**Problem details:**
Tally every line of the records below that includes "holds", and reply with the total alone.

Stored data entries
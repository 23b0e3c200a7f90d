-- ===== src/Verification/Gate/Laws.antt =====
-- The invariant of the gate, and what lets a submission through.
use mini_code_agent_langgrap.Prelude.{
  ◌≡◌, ◌≢◌, ◌↔◌, ◌⊎◌, refl, Bool, true, false, not, none, String, ◌==◌, eq_iff, eq_refl, arith,
}
use mini_code_agent_langgrap.Verification.Gate.{
  not_required, passed, failed, VerificationGate, create, sync, record_test, submission_error,
  accept_submission,
}

-- `has_changes` compares the current fingerprint with the baseline; a passed gate holds the
-- current fingerprint as the verified one, and a gate that asks for nothing has nothing to verify.
pub record IsSound (gate : VerificationGate) : Type 0 where
  pub changes : gate.has_changes ≡ not (gate.current_fingerprint == gate.baseline_fingerprint)
  pub bound :
      gate.status ≡ passed
      → (gate.verified_fingerprint ≡ gate.current_fingerprint) × (gate.verified_fingerprint ≢ "")
  pub idle :
      gate.status ≡ not_required → (gate.has_changes ≡ false) × (gate.require_verification ≡ false)
  pub cleared : gate.status ≡ failed → gate.verified_fingerprint ≡ ""

-- A new gate is sound.
pub create-IsSound : (fp : String) (req : Bool) → IsSound (create fp req)
unfolding create
create-IsSound fp true = record {
  changes = rw eq_refl;
  bound = λ h. cc;
  idle = λ h. cc;
  cleared = λ h. cc;
}
create-IsSound fp false = record {
  changes = rw eq_refl;
  bound = λ h. cc;
  idle = λ h. (refl, refl);
  cleared = λ h. cc;
}

-- Synchronising makes a gate sound if a failed one holds no verified fingerprint.
pub sync-IsSound :
    (g : VerificationGate) (fp : String)
    → (g.status ≡ failed → g.verified_fingerprint ≡ "")
    → IsSound (sync g fp)
unfolding sync
sync-IsSound g fp cleared = record {
  changes = refl;
  bound = λ h. ground (arith, eq_iff fp g.verified_fingerprint, eq_iff g.verified_fingerprint "");
  idle = λ h. ground arith;
  cleared = λ h. cleared (ground arith);
}

pub record_test-IsSound :
    (g : VerificationGate) (success : Bool) (fp : String)
    → fp ≢ ""
    → IsSound (record_test g success fp)
unfolding record_test
record_test-IsSound g true fp h = record {
  changes = refl;
  bound = λ e. (refl, h);
  idle = λ e. cc;
  cleared = λ e. cc;
}
record_test-IsSound g false fp h = record {
  changes = refl;
  bound = λ e. cc;
  idle = λ e. cc;
  cleared = λ e. refl;
}

pub accept_submission-IsSound : (g : VerificationGate) → IsSound (accept_submission g)
unfolding accept_submission
accept_submission-IsSound g = record {
  changes = rw eq_refl;
  bound = λ h. ground (
    arith,
    eq_iff g.verified_fingerprint g.current_fingerprint,
    eq_iff g.verified_fingerprint "",
  );
  idle = λ h. (refl, refl);
  cleared = λ h. ground arith;
}

-- A submission passes exactly when the latest test did not fail, and either the workspace is at
-- its baseline and no verification is asked for, or its fingerprint is the verified one.
pub submission_error-none_iff :
    (g : VerificationGate) (fp : String)
    → ((submission_error g fp).0 ≡ none) ↔ (
        (g.status ≢ failed)
        × (((fp ≡ g.baseline_fingerprint) × (g.require_verification ≡ false))
            ⊎ (g.verified_fingerprint ≡ fp)))
unfolding submission_error sync
submission_error-none_iff g fp = (
  λ h. ground (arith, eq_iff fp g.baseline_fingerprint, eq_iff g.verified_fingerprint fp),
  λ h. ground (arith, eq_iff fp g.baseline_fingerprint, eq_iff g.verified_fingerprint fp),
)
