-- ===== src/Verification/Batch/Invariant.antt =====
-- A batch keeps the gate sound.
use mini_code_agent_langgrap.Prelude.{
  ◌≡◌, ◌≢◌, refl, true, not, List, [], ◌∷◌, String, Result, ok, err, ◌==◌, contains, is_empty,
  is_zero, arith, Bool-cases, inl, inr,
}
use mini_code_agent_langgrap.Contracts.{ToolResult}
use mini_code_agent_langgrap.Verification.Gate.{VerificationGate, failed, submission_error}
use mini_code_agent_langgrap.Verification.Gate.Laws.{IsSound, sync-IsSound, record_test-IsSound}
use mini_code_agent_langgrap.Verification.Calls.{
  ToolCall, Call, normalize_calls, demand_verification, check_handoff, judge, lose_workspace,
  potentially_mutating_tools, any_submit,
}
use mini_code_agent_langgrap.Verification.Batch.{
  Host, BatchState, begin, after_capture, settle, run_call, first_pass, run_calls, decide_at,
  decide, execute_tool_batch,
}

-- What is left of soundness when verification has just been demanded.
record IsKept (gate : VerificationGate) : Type 0 where
  changes : gate.has_changes ≡ not (gate.current_fingerprint == gate.baseline_fingerprint)
  cleared : gate.status ≡ failed → gate.verified_fingerprint ≡ ""

demand_verification-IsKept :
    (name : String) (result : ToolResult) (gate : VerificationGate)
    → IsSound gate
    → IsKept (demand_verification name result gate)
unfolding demand_verification
demand_verification-IsKept name result gate s = record {
  changes = ground (arith, s.changes);
  cleared = λ h. ground (arith, s.cleared);
}

lose_workspace-IsSound : (gate : VerificationGate) → IsKept gate → IsSound (lose_workspace gate)
unfolding lose_workspace
lose_workspace-IsSound gate k = record {
  changes = k.changes;
  bound = λ h. cc;
  idle = λ h. cc;
  cleared = λ h. refl;
}

judge-IsSound :
    (name : String) (result : ToolResult) (gate : VerificationGate) (fp : String)
    → ((name == "run_tests") ≡ true → fp ≢ "")
    → IsKept gate
    → IsSound (judge name result gate fp).1
unfolding judge
judge-IsSound name result gate fp solid k = elim (Bool-cases (name == "run_tests")) [
  | inl e ↦
      rw e (record_test-IsSound gate (is_zero (check_handoff result fp).returncode) fp (solid e))
  | inr e ↦ rw e (sync-IsSound gate fp k.cleared)
]

-- A capture, if it succeeds, gives a fingerprint.
abbrev IsSolid {ℓ} : {A : Type ℓ} → Result String × A → Type 0
IsSolid (ok fp, w) = fp ≢ ""
IsSolid (err e, w) = Unit

module _ {W : Type 0} where
  after_capture-IsSound :
      (name : String) (result : ToolResult) (gate : VerificationGate) (old : String)
      (p : Result String × W)
      → ((name == "run_tests") ≡ true → IsSolid p)
      → IsKept gate
      → IsSound (after_capture name result gate old p).1.gate
  unfolding after_capture
  after_capture-IsSound name result gate old (ok fp, w) solid k =
      judge-IsSound name result gate fp solid k
  after_capture-IsSound name result gate old (err e, w) solid k = lose_workspace-IsSound gate k

  begin-IsSound :
      (gate : VerificationGate) (p : Result String × W)
      → IsSound gate
      → IsSound (begin gate p).1.gate
  unfolding begin
  begin-IsSound gate (ok fp, w) s = sync-IsSound gate fp s.cleared
  begin-IsSound gate (err e, w) s =
      lose_workspace-IsSound gate (record { changes = s.changes; cleared = s.cleared })

  decide_at-IsSound :
      (s : BatchState W) (p : Result String × W) → IsSound s.gate → IsSound (decide_at s p).1.gate
  unfolding decide_at submission_error
  decide_at-IsSound s (ok fp, w) h = sync-IsSound s.gate fp h.cleared
  decide_at-IsSound s (err e, w) h = h

module _ {W : Type 0} (host : Host W) (solid : (w : W) → IsSolid (host.capture w)) where
  settle-IsSound :
      (name : String) (result : ToolResult) (gate : VerificationGate) (old : String) (w : W)
      → IsSound gate
      → IsSound (settle host name result gate old w).1.gate
  unfolding settle
  settle-IsSound name result gate old w s =
      let k = demand_verification-IsKept name result gate s in
      elim (Bool-cases (contains name potentially_mutating_tools)) [
        | inl e ↦ rw e (after_capture-IsSound name result _ old (host.capture w) (λ _. solid w) k)
        | inr e ↦
            rw e
              (after_capture-IsSound name result _ old (ok old, w) (λ t. absurd (ground arith)) k)
      ]

  first_pass-IsSound :
      (error : String) (call : Call) (s : BatchState W)
      → IsSound s.gate
      → IsSound (first_pass host error call s).1.gate
  unfolding first_pass run_call
  first_pass-IsSound error call s h = elim (Bool-cases (call.name == "submit")) [
    | inl e ↦ rw e h
    | inr e ↦ rw e (elim (Bool-cases (is_empty error)) [
      | inl f ↦ rw f (settle-IsSound call.name _ s.gate s.current_fingerprint _ h)
      | inr f ↦ rw f h
    ])
  ]

  run_calls-IsSound :
      (error : String) (calls : List Call) (s : BatchState W)
      → IsSound s.gate
      → IsSound (run_calls host error calls s).1.gate
  unfolding run_calls
  run_calls-IsSound error [] s h = h
  run_calls-IsSound error (call ∷ rest) s h =
      run_calls-IsSound error rest (first_pass host error call s).1
        (first_pass-IsSound error call s h)

  decide-IsSound :
      (calls : List Call) (s : BatchState W) → IsSound s.gate → IsSound (decide host calls s).1.gate
  unfolding decide
  decide-IsSound calls s h = elim (Bool-cases (any_submit calls)) [
    | inl e ↦ rw e (decide_at-IsSound s (host.capture s.world) h)
    | inr e ↦ rw e h
  ]

  -- Where no capture gives the empty text, a batch turns a sound gate into a sound one.
  pub execute_tool_batch-IsSound :
      (tool_calls : List ToolCall) (gate : VerificationGate) (w : W)
      → IsSound gate
      → IsSound (execute_tool_batch host tool_calls gate w).1
  unfolding execute_tool_batch
  execute_tool_batch-IsSound tool_calls gate w h =
      let calls = normalize_calls 0 tool_calls in
      let (error, s) = begin gate (host.capture w) in
      let (results, s1) = run_calls host error calls s in
      decide-IsSound calls s1
        (run_calls-IsSound error calls s (begin-IsSound gate (host.capture w) h))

**Solution for this problem:**
2